Eligibility Criteria

Ages Eligible for Study

18 years to 90 years (Adult, Older Adult)

Accepts Healthy Volunteers

No

Genders Eligible for Study

All

Description

Inclusion Criteria:

  • Patients scheduled for elective cardiac surgery under CPB
  • High risk patients: NYHA class II-III

  • Preoperative diagnostic of pulmonary hypertension:

    • Systolic pulmonary artery pressure (sPAP) > 35 mm Hg; or
    • Mean pulmonary artery pressure (mPAP) > 25 mm Hg; or
    • mAP/mPAP < 3.0 (after induction of anesthesia).

Exclusion Criteria:

  • Open Heart Surgery
  • Contraindication to transesophageal echocardiography (TEE)
  • Hemodynamic instability before surgery
  • Emergency surgery

Study Plan

This section provides details of the study plan, including how the study is designed and what the study is measuring.

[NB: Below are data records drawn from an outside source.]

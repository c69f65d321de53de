-- ===== src/Packet/Ipv6/Wire.antt =====
-- The IPv6 parser reads back a printed header with its chain of extension headers.
use timing_proxy.Base.{
  ℕ, suc, ◌+◌, ◌-◌, ◌*◌, ◌/◌, ◌%◌, ◌<◌, ◌≤◌, ◌≡◌, refl, sym, ◌∙◌, subst, arith, true, false, ltb,
  ◌==◌, some, List, ◌++◌, length, length-append, take, none, Outcome, ok, throws, terminate, fault,
  out_of_fuel, ◌>>=◌, if◌then◌else◌,
}
use timing_proxy.Packet.Memory.{Memory, load_bytes}
use timing_proxy.Packet.Memory.Holds.{
  Holds, Holds-left, Holds-right, load8-Holds, load16-Holds, load32-bytes, load_bytes-Holds,
  ntohs-swapped,
}
use timing_proxy.Packet.Types.{
  get_payload, get_payload_size, ipv6, tcp, Artefacts, Decoded, Inet, strncpy,
}
use timing_proxy.Packet.Tcp
use timing_proxy.Packet.Udp
use timing_proxy.Packet.Wire.{
  Ipv6Header, IsIpv6Header, print_ipv6, ExtHeader, first_type, print_chain,
}
use timing_proxy.Packet.Ipv6.{
  Chain, skip_header, next_tcp, next_udp, ipv6_nonxt, Ipv6Parser, is_extension_header,
  extension_headers, parse_header, decode_until,
}
use timing_proxy.Packet.Ipv6.Extensions.{IsChain, behind, extension_headers-print}

-- The addresses as the source writes them to its artefacts.
abbrev pub addressed : List ℕ → List ℕ → Artefacts → Artefacts
addressed src dst a = record a { ip_type = ipv6; src_ip = strncpy 46 src; dst_ip = strncpy 46 dst }

pub length-print_ipv6 : (h : Ipv6Header) → IsIpv6Header h → length (print_ipv6 h) ≡ 40
length-print_ipv6 h good = omega (arith, length-append h.src h.dst, good.src, good.dst)

version_nibble :
    (n c d e : ℕ) → n < 256 → (6 * 16 + n / 16 + 256 * c + 65536 * (d + 256 * e)) % 256 / 16 ≡ 6
version_nibble n c d e h = omega arith

is_extension_header-tcp : is_extension_header 6 ≡ ok false
unfolding is_extension_header
is_extension_header-tcp = refl

-- The layer above, by the header that the parser found.
abbrev decode_upper : Memory → Artefacts → Ipv6Parser → Outcome Decoded
decode_upper m a parser =
    let a' = addressed parser.addr_src parser.addr_dst a in
    if parser.next_hdr == next_tcp
    then Tcp.decode_until tcp m parser.base.payload parser.base.payload_size a'
    else if parser.next_hdr == next_udp
    then Udp.decode_until tcp m parser.base.payload parser.base.payload_size a'
    else terminate

bind_assoc :
    {A B C : Type 0} (r : Outcome A) (f : A → Outcome B) (g : B → Outcome C)
    → ((r >>= f) >>= g) ≡ (r >>= λ a. f a >>= g)
bind_assoc (ok a) f g = refl
bind_assoc (throws e) f g = refl
bind_assoc terminate f g = refl
bind_assoc fault f g = refl
bind_assoc out_of_fuel f g = refl

-- A header at q and its chain behind it.
module _ (inet : Inet) (m : Memory) (q packet_size : ℕ) (h : Ipv6Header) (es : List ExtHeader)
    (good : IsIpv6Header h) (held : Holds m q (print_ipv6 h ++ print_chain es 6))
    (first : h.next_header ≡ first_type es 6) (whole : 40 + h.payload_length ≤ packet_size)
    (src dst : List ℕ) (src_ok : inet.ntop6 h.src ≡ some src)
    (dst_ok : inet.ntop6 h.dst ≡ some dst) where
  held_header : Holds m q (print_ipv6 h)
  held_header = Holds-left m q (print_ipv6 h) (print_chain es 6) held

  held_chain : Holds m (q + 40) (print_chain es 6)
  held_chain =
      let there : q + length (print_ipv6 h) ≡ q + 40 = omega (arith, length-print_ipv6 h good) in
      subst (λ (n : ℕ). Holds m n (print_chain es 6)) there
        (Holds-right m q (print_ipv6 h) (print_chain es 6) held)

  held_src : Holds m (q + 8) h.src
  held_src =
      Holds-left m (q + 8) h.src h.dst
        (Holds-right m q (take 8 (print_ipv6 h)) (h.src ++ h.dst) held_header)

  held_dst : Holds m (q + 24) h.dst
  held_dst =
      let there : q + 8 + length h.src ≡ q + 24 = omega (arith, good.src) in
      subst (λ (n : ℕ). Holds m n h.dst) there
        (Holds-right m (q + 8) h.src h.dst
          (Holds-right m q (take 8 (print_ipv6 h)) (h.src ++ h.dst) held_header))

  loaded_src : load_bytes m (some q) 8 16 ≡ ok h.src
  loaded_src =
      subst (λ (n : ℕ). load_bytes m (some q) 8 n ≡ ok h.src) good.src
        (load_bytes-Holds m q 8 h.src held_src)

  loaded_dst : load_bytes m (some q) 24 16 ≡ ok h.dst
  loaded_dst =
      subst (λ (n : ℕ). load_bytes m (some q) 24 n ≡ ok h.dst) good.dst
        (load_bytes-Holds m q 24 h.dst held_dst)

  -- What the loop starts from, and what the parser holds after it.
  abbrev start : Chain
  start = record {
    next_hdr = first_type es 6;
    current_header = some (q + 40);
    payload_size = h.payload_length;
  }

  abbrev parsed : Chain → Ipv6Parser
  parsed c = record {
    base = record {
      packet = some q;
      payload = if c.next_hdr == ipv6_nonxt then none else c.current_header;
      packet_size = packet_size;
      payload_size = if c.next_hdr == ipv6_nonxt then 0 else c.payload_size;
    };
    hop_limit = h.hop_limit;
    next_hdr = c.next_hdr;
    addr_src = src;
    addr_dst = dst;
  }

  -- Everything but the loop over the extension headers.
  decode_until-loop :
      (a : Artefacts)
      → decode_until inet tcp m (some q) packet_size a
        ≡ (extension_headers (suc h.payload_length) m start >>= λ c. decode_upper m a (parsed c))
  unfolding decode_until parse_header get_payload get_payload_size
  decode_until-loop a =
      let big : ltb packet_size 40 ≡ false = ground arith in
      let inside : ltb (packet_size - 40) h.payload_length ≡ false = ground arith in
      rw
        (
          big,
          load32-bytes m q (print_ipv6 h) held_header 0 (6 * 16 + h.traffic_class / 16)
              (h.traffic_class % 16 * 16 + h.flow_label / 65536) (h.flow_label / 256 % 256)
              (h.flow_label % 256) refl refl refl refl,
          version_nibble h.traffic_class (h.traffic_class % 16 * 16 + h.flow_label / 65536)
              (h.flow_label / 256 % 256) (h.flow_label % 256) good.traffic_class,
          load16-Holds m q (print_ipv6 h) held_header 4 h.payload_length refl refl,
          ntohs-swapped h.payload_length good.payload_length,
          inside,
          load8-Holds m q (print_ipv6 h) held_header 7 h.hop_limit refl,
          loaded_src,
          src_ok,
          loaded_dst,
          dst_ok,
          load8-Holds m q (print_ipv6 h) held_header 6 h.next_header refl,
          first,
        )
        (bind_assoc (extension_headers (suc h.payload_length) m start) (λ c. ok (parsed c))
          (decode_upper m a))

  -- A TCP segment of `size` bytes behind the chain.
  pub decode_until-tcp :
      (size : ℕ) (a : Artefacts)
      → h.payload_length ≡ length (print_chain es 6) + size
      → IsChain 6 size es
      → decode_until inet tcp m (some q) packet_size a
        ≡ Tcp.decode_until tcp m
            (some (q + 40 + length (print_chain es 6)))
            size
            (addressed src dst a)
  decode_until-tcp size a total chain =
      let loop =
        subst
          (λ (n : ℕ).
            extension_headers (suc h.payload_length) m (record start { payload_size = n })
            ≡ ok (behind es 6 (q + 40) size))
          (sym total)
          (extension_headers-print m 6 size h.payload_length es (q + 40) is_extension_header-tcp
            chain (omega (arith, total)) held_chain) in
      decode_until-loop a ∙ rw loop refl

  -- Less than 64 bytes from an extension header on.
  pub decode_until-short :
      (a : Artefacts)
      → is_extension_header h.next_header ≡ ok true
      → h.payload_length < 64
      → decode_until inet tcp m (some q) packet_size a ≡ terminate
  unfolding extension_headers skip_header
  decode_until-short a known short =
      let few : ltb h.payload_length 64 ≡ true = ground arith in
      decode_until-loop a ∙ rw (rw first at known, few) refl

How is the study designed?

Design Details

  • Primary Purpose: Prevention
  • Allocation: N/A
  • Interventional Model: Single Group Assignment
  • Masking: None (Open Label)

Arms and Interventions

Participant Group / Arm
Intervention / Treatment
Experimental: Inhaled milrinone 5 mg
Inhaled milrinone 5 mg(as for the injectable solution)
Drug: Inhaled milrinone 5 mg
Inhaled milrinone 5 mg (as for the injectable solution)
Other Names:
  • Primacor

What is the study measuring?

Primary Outcome Measures

Outcome Measure
Time Frame
Study the elimination rate of milrinone administered by inhalation
Time Frame: up to 24 hours
up to 24 hours

Secondary Outcome Measures

Outcome Measure
Measure Description
Time Frame
Demonstrate the presence or absence of hemodynamic and echographic effects observed after inhalation of milrinone
Time Frame: 15 min after the of study drug administration
hemodynamic values evaluated will be: central venous pressure, systolic and diastolic pulmonary pressure, wedge, cardiac output, cardiac frequency, systolic and diastolic pressure, SaO2, EtCO2. Patient will also have arterial and venous gaz. Echographic values will be evaluated to see the cardiac fonction: left and right ventricular systolic and diastolic function and valvular function.
15 min after the of study drug administration
Confirmation of the safety of inhaled milrinone
Time Frame: 24 hours after cardiac surgery
Verification of the absence of deleterious effects on cardiac output and systemic arterial pressure.
24 hours after cardiac surgery
Determination of the efficacy of inhaled milrinone in the treatment of pulmonary hypertension
Time Frame: 15 min after end of milrinone administration
Efficacy in the treatment of pulmonary hypertension is defined as a reduction of the mean pulmonary pressure of 10-20 %
15 min after end of milrinone administration

Collaborators and Investigators

This is where you will find people and organizations involved with this study.

Sponsor

Montreal Heart Institute

Collaborators

Canadian Institutes of Health Research (CIHR)
St. Justine's Hospital
Fonds de la Recherche en Santé du Québec

Investigators

  • Principal Investigator: Andrée Denault, MD PhD FRCPC, Montreal Heart Institute

Study record dates

These dates track the progress of study record and summary results submissions to ClinicalTrials.gov. Study records and reported results are reviewed by the National Library of Medicine (NLM) to make sure they meet specific quality control standards before being posted on the public website.

Study Major Dates

Study Start

December 1, 2006

Primary Completion (Actual)

February 1, 2012

Study Completion (Actual)

June 1, 2012

Study Registration Dates

First Submitted

June 18, 2012

First Submitted That Met QC Criteria

November 8, 2012

First Posted (Estimate)

November 14, 2012

Study Record Updates

Last Update Posted (Estimate)

November 14, 2012

Last Update Submitted That Met QC Criteria

November 8, 2012

Last Verified

November 1, 2012

More Information

Terms related to this study

Keywords

Additional Relevant MeSH Terms

Other Study ID Numbers

  • ICM 06-888

This information was retrieved directly from the website clinicaltrials.gov without any changes. If you have any requests to change, remove or update your study details, please contact register@clinicaltrials.gov. As soon as a change is implemented on clinicaltrials.gov, this will be updated automatically on our website as well.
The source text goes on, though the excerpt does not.